* **TASK STATEMENT**:
The entries below should be transcribed exactly, every one of them.

* **INFORMATION PROVIDED**:

========

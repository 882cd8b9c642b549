-- ===== src/Memory/Regions.antt =====
-- Guest RAM of core/memory.c as a set of disjoint regions, and what `find_region` finds in it.
use modvm.Prelude.{
  ℕ, ◌+◌, ◌^◌, ◌≤◌, ◌<◌, ◌≡◌, ◌⊎◌, inl, inr, List, [], ◌∷◌, some, arith, All, All-IsIn, IsIn,
}
use modvm.Memory.{MemRegion, find_region}

-- Two ranges of addresses have no address in common.
abbrev pub Apart : ℕ → ℕ → ℕ → ℕ → Type 0
Apart b1 s1 b2 s2 = (b1 + s1 ≤ b2) ⊎ (b2 + s2 ≤ b1)

-- A region is not empty, and neither its guest nor its host addresses wrap.
pub record IsFit (r : MemRegion) : Type 0 where
  pub full : 0 < r.size
  pub guest : r.gpa + r.size < 2 ^ 64
  pub host : r.hva + r.size < 2 ^ 64

abbrev pub Disjoint : List MemRegion → Type 0
Disjoint [] = Unit
Disjoint (r ∷ rs) = All (λ q. Apart r.gpa r.size q.gpa q.size) rs × Disjoint rs

abbrev pub Covers : MemRegion → ℕ → Type 0
Covers r addr = (r.gpa ≤ addr) × (addr < r.gpa + r.size)

pub find_region-IsIn :
    (regs : List MemRegion) (addr : ℕ) (r : MemRegion)
    → addr < 2 ^ 64
    → find_region regs addr ≡ some r
    → IsIn r regs × Covers r addr
unfolding find_region
find_region-IsIn [] addr r small e = absurd (ground arith)
find_region-IsIn (q ∷ qs) addr r small e = ground (arith, find_region-IsIn qs addr r small)

pub find_region-hit :
    (regs : List MemRegion) (addr : ℕ) (r : MemRegion)
    → Disjoint regs
    → addr < 2 ^ 64
    → IsIn r regs
    → Covers r addr
    → find_region regs addr ≡ some r
unfolding find_region
find_region-hit [] addr r d small m c = absurd m
find_region-hit (q ∷ qs) addr r d small (inl e) c = ground arith
find_region-hit (q ∷ qs) addr r d small (inr m) c = ground (
  arith,
  find_region-hit qs addr r d.1 small m c,
  All-IsIn (λ p. Apart q.gpa q.size p.gpa p.size) r qs d.0 m,
)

========

* **ANSWER SECTION**:
repository 882cd8b9c642b549
-- ===== src/Memory/Regions.antt =====
-- Guest RAM of core/memory.c as a set of disjoint regions, and what `find_region` finds in it.
use modvm.Prelude.{
  ℕ, ◌+◌, ◌^◌, ◌≤◌, ◌<◌, ◌≡◌, ◌⊎◌, inl, inr, List, [], ◌∷◌, some, arith, All, All-IsIn, IsIn,
}
use modvm.Memory.{MemRegion, find_region}

-- Two ranges of addresses have no address in common.
abbrev pub Apart : ℕ → ℕ → ℕ → ℕ → Type 0
Apart b1 s1 b2 s2 = (b1 + s1 ≤ b2) ⊎ (b2 + s2 ≤ b1)

-- A region is not empty, and neither its guest nor its host addresses wrap.
pub record IsFit (r : MemRegion) : Type 0 where
  pub full : 0 < r.size
  pub guest : r.gpa + r.size < 2 ^ 64
  pub host : r.hva + r.size < 2 ^ 64

abbrev pub Disjoint : List MemRegion → Type 0
Disjoint [] = Unit
Disjoint (r ∷ rs) = All (λ q. Apart r.gpa r.size q.gpa q.size) rs × Disjoint rs

abbrev pub Covers : MemRegion → ℕ → Type 0
Covers r addr = (r.gpa ≤ addr) × (addr < r.gpa + r.size)

pub find_region-IsIn :
    (regs : List MemRegion) (addr : ℕ) (r : MemRegion)
    → addr < 2 ^ 64
    → find_region regs addr ≡ some r
    → IsIn r regs × Covers r addr
unfolding find_region
find_region-IsIn [] addr r small e = absurd (ground arith)
find_region-IsIn (q ∷ qs) addr r small e = ground (arith, find_region-IsIn qs addr r small)

pub find_region-hit :
    (regs : List MemRegion) (addr : ℕ) (r : MemRegion)
    → Disjoint regs
    → addr < 2 ^ 64
    → IsIn r regs
    → Covers r addr
    → find_region regs addr ≡ some r
unfolding find_region
find_region-hit [] addr r d small m c = absurd m
find_region-hit (q ∷ qs) addr r d small (inl e) c = ground arith
find_region-hit (q ∷ qs) addr r d small (inr m) c = ground (
  arith,
  find_region-hit qs addr r d.1 small m c,
  All-IsIn (λ p. Apart q.gpa q.size p.gpa p.size) r qs d.0 m,
)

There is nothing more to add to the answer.